The landscape architect had likewise used a common or garden-variety planting design. He had placed a tight girdle of conical evergreens about the house which, in the course of time, had grown until they now resembled a horde of fat-bellied elves in high, pointed hats who crowded close about and peered in at the lower-floor windows.

The Wolff house did not have the usual swimming pools both upstairs and down. It was the medium size for millionaires with families of three, plus servants; but it was still, at least for my taste, too big to look hospitable. The inky starless sky and the biting February wind that swirled thin, icy flakes of snow around it were no help either. Nor was Phillips, the butler.

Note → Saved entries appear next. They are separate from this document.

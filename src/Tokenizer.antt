-- ===== src/Tokenizer.antt =====
-- src/tokenizer: the byte-pair merges (Bpe), the reversible map of bytes to characters
-- (ByteUnicode), the pre-tokenizers (Pretokenize), the two backends (Gpt2, SentencePiece) and the
-- tokenizer over them (Driver).
pub mod ByteUnicode
pub mod Bpe
pub mod Pretokenize
pub mod Vocabulary
pub mod Gpt2
pub mod SentencePiece
pub mod Driver
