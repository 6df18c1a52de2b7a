-- ===== src/Api.antt =====
-- AgentTask (pkg/apis/cloudagent/v1alpha1/types.go): the type, and its conversions from and to
-- unstructured Kubernetes objects.
pub mod Wire
pub mod RoundTrip
pub mod Examples
use cloud_agent.Common.{String, ℤ, Result, ok, err, ◌==◌, if◌then◌else◌}
use Wire.{Json, null, obj, Fields, end, field, get_string, get_int, get_object, put_string, put_int}

-- `AgentTaskState` is a text: the constants, the empty text, and any other.
pub data AgentTaskState : Type 0 where
  unset pending started running completed failed deleted : AgentTaskState
  other : String → AgentTaskState

unfoldable pub state_text : AgentTaskState → String
state_text unset = ""
state_text pending = "Pending"
state_text started = "Started"
state_text running = "Running"
state_text completed = "Completed"
state_text failed = "Failed"
state_text deleted = "Deleted"
state_text (other s) = s

unfoldable pub state_of_text : String → AgentTaskState
state_of_text s =
    if s == ""
    then unset
    else if s == "Pending"
    then pending
    else if s == "Started"
    then started
    else if s == "Running"
    then running
    else if s == "Completed"
    then completed
    else if s == "Failed"
    then failed
    else if s == "Deleted"
    then deleted
    else other s

pub record AgentTaskSpec : Type 0 where
  pub prompt : String
  pub sandbox_template : String
  pub task_owner : String
  pub task_owner_email : String
  pub repo_owner : String
  pub repo_name : String
  pub issue_number : ℤ
  pub task_type : String

pub record AgentTaskStatus : Type 0 where
  pub state : AgentTaskState
  pub retries : ℤ
  pub sandbox_claim_name : String
  pub sandbox_name : String
  pub pod_name : String

-- Of `metav1.ObjectMeta`, the part that the program reads, and the version that the API server
-- compares on an update.
pub record ObjectMeta : Type 0 where
  pub name : String
  pub namespace : String
  pub uid : String
  pub resource_version : String

pub record AgentTask : Type 0 where
  pub api_version : String
  pub kind : String
  pub metadata : ObjectMeta
  pub spec : AgentTaskSpec
  pub status : AgentTaskStatus

-- `unstructured.Unstructured` is a map of the object's fields.
pub record Unstructured : Type 0 where
  pub object : Fields

-- The methods of `Unstructured` that the conversions call.
pub record Codec : Type 0 where
  pub marshal_json : Unstructured → Result String Json
  pub unmarshal_json : Json → Result String Unstructured
  pub set_api_version : String → Unstructured → Unstructured
  pub set_kind : String → Unstructured → Unstructured

infixl 5 ◌>>=◌
abbrev pub ◌>>=◌ : {E A B : Type 0} → Result E A → (A → Result E B) → Result E B
ok a >>= f = f a
err e >>= f = err e

abbrev metadata_json : ObjectMeta → Fields
metadata_json m = put_string "name" m.name (
    put_string "namespace" m.namespace
      (put_string "uid" m.uid (put_string "resourceVersion" m.resource_version end)))

abbrev spec_json : AgentTaskSpec → Fields
spec_json s = put_string "prompt" s.prompt (
    put_string "sandboxTemplate" s.sandbox_template (
      put_string "taskOwner" s.task_owner (
        put_string "taskOwnerEmail" s.task_owner_email (
          put_string "repoOwner" s.repo_owner (
            put_string "repoName" s.repo_name
              (put_int "issueNumber" s.issue_number (put_string "taskType" s.task_type end)))))))

abbrev status_json : AgentTaskStatus → Fields
status_json s = put_string "state" (state_text s.state) (
    put_int "retries" s.retries (
      put_string "sandboxClaimName" s.sandbox_claim_name
        (put_string "sandboxName" s.sandbox_name (put_string "podName" s.pod_name end))))

-- `json.Marshal(task)`
unfoldable pub task_fields : AgentTask → Fields
unfolding put_string put_int
task_fields t = put_string "kind" t.kind (
    put_string "apiVersion" t.api_version (
      field "metadata" (obj (metadata_json t.metadata))
        (field "spec" (obj (spec_json t.spec)) (field "status" (obj (status_json t.status)) end))))

metadata_of : Fields → Result String ObjectMeta
metadata_of fs = do
  name ← get_string "name" fs
  namespace ← get_string "namespace" fs
  uid ← get_string "uid" fs
  resource_version ← get_string "resourceVersion" fs
  ok (record { name = name; namespace = namespace; uid = uid; resource_version = resource_version })

spec_of : Fields → Result String AgentTaskSpec
spec_of fs = do
  prompt ← get_string "prompt" fs
  sandbox_template ← get_string "sandboxTemplate" fs
  task_owner ← get_string "taskOwner" fs
  task_owner_email ← get_string "taskOwnerEmail" fs
  repo_owner ← get_string "repoOwner" fs
  repo_name ← get_string "repoName" fs
  issue_number ← get_int "issueNumber" fs
  task_type ← get_string "taskType" fs
  ok (record {
    prompt = prompt;
    sandbox_template = sandbox_template;
    task_owner = task_owner;
    task_owner_email = task_owner_email;
    repo_owner = repo_owner;
    repo_name = repo_name;
    issue_number = issue_number;
    task_type = task_type;
  })

status_of : Fields → Result String AgentTaskStatus
status_of fs = do
  state ← get_string "state" fs
  retries ← get_int "retries" fs
  claim ← get_string "sandboxClaimName" fs
  sandbox ← get_string "sandboxName" fs
  pod ← get_string "podName" fs
  ok (record {
    state = state_of_text state;
    retries = retries;
    sandbox_claim_name = claim;
    sandbox_name = sandbox;
    pod_name = pod;
  })

-- `json.Unmarshal(data, &task)`
task_of_fields : Fields → Result String AgentTask
unfolding metadata_of spec_of status_of get_string get_int get_object
task_of_fields fs = do
  kind ← get_string "kind" fs
  api_version ← get_string "apiVersion" fs
  metadata ← metadata_of (← get_object "metadata" fs)
  spec ← spec_of (← get_object "spec" fs)
  status ← status_of (← get_object "status" fs)
  ok (record {
    api_version = api_version;
    kind = kind;
    metadata = metadata;
    spec = spec;
    status = status;
  })

unfoldable pub task_of : Json → Result String AgentTask
unfolding task_of_fields
task_of (obj fs) = task_of_fields fs
task_of null = task_of_fields end
task_of _ = err "json: cannot unmarshal into Go value of type v1alpha1.AgentTask"

module _ (codec : Codec) where
  open codec use {marshal_json, unmarshal_json, set_api_version, set_kind}

  -- `FromUnstructured`
  unfoldable pub from_unstructured : Unstructured → Result String AgentTask
  unfolding task_of
  from_unstructured u = do text ← marshal_json u; task_of text

  -- `ToUnstructured`
  unfoldable pub to_unstructured : AgentTask → Result String Unstructured
  unfolding task_fields
  to_unstructured task = do
    u ← unmarshal_json (obj (task_fields task))
    ok (set_kind "AgentTask" (set_api_version "cloudagent.mayurhalai.github.com/v1alpha1" u))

When he opened the door and found me on the stoop, an undercurrent of doubt disturbed the smooth, pink surface of his professional poker face. He hesitated perceptibly before he said, “I’ll tell Miss Kathryn that you are here.”

I didn’t blame him much. He was in a spot too. Dudley Wolff had obviously ordered him to put out the smallpox sign when I showed, while Kathryn had insisted that he let me in.

Then she came down the stairs. I forgot Phillips, Dudley Wolff, the weather, and the expensively interior-decorated gloom that filled the house. The shining welcome in her eyes and the quick, glad way she came to greet me made me forget a lot of things, including, as we turned to go, my hat. It wasn’t February any more; it was spring. And when, just outside the door, away from Phillips’s eagle eye, she put her face up to be kissed, it was June.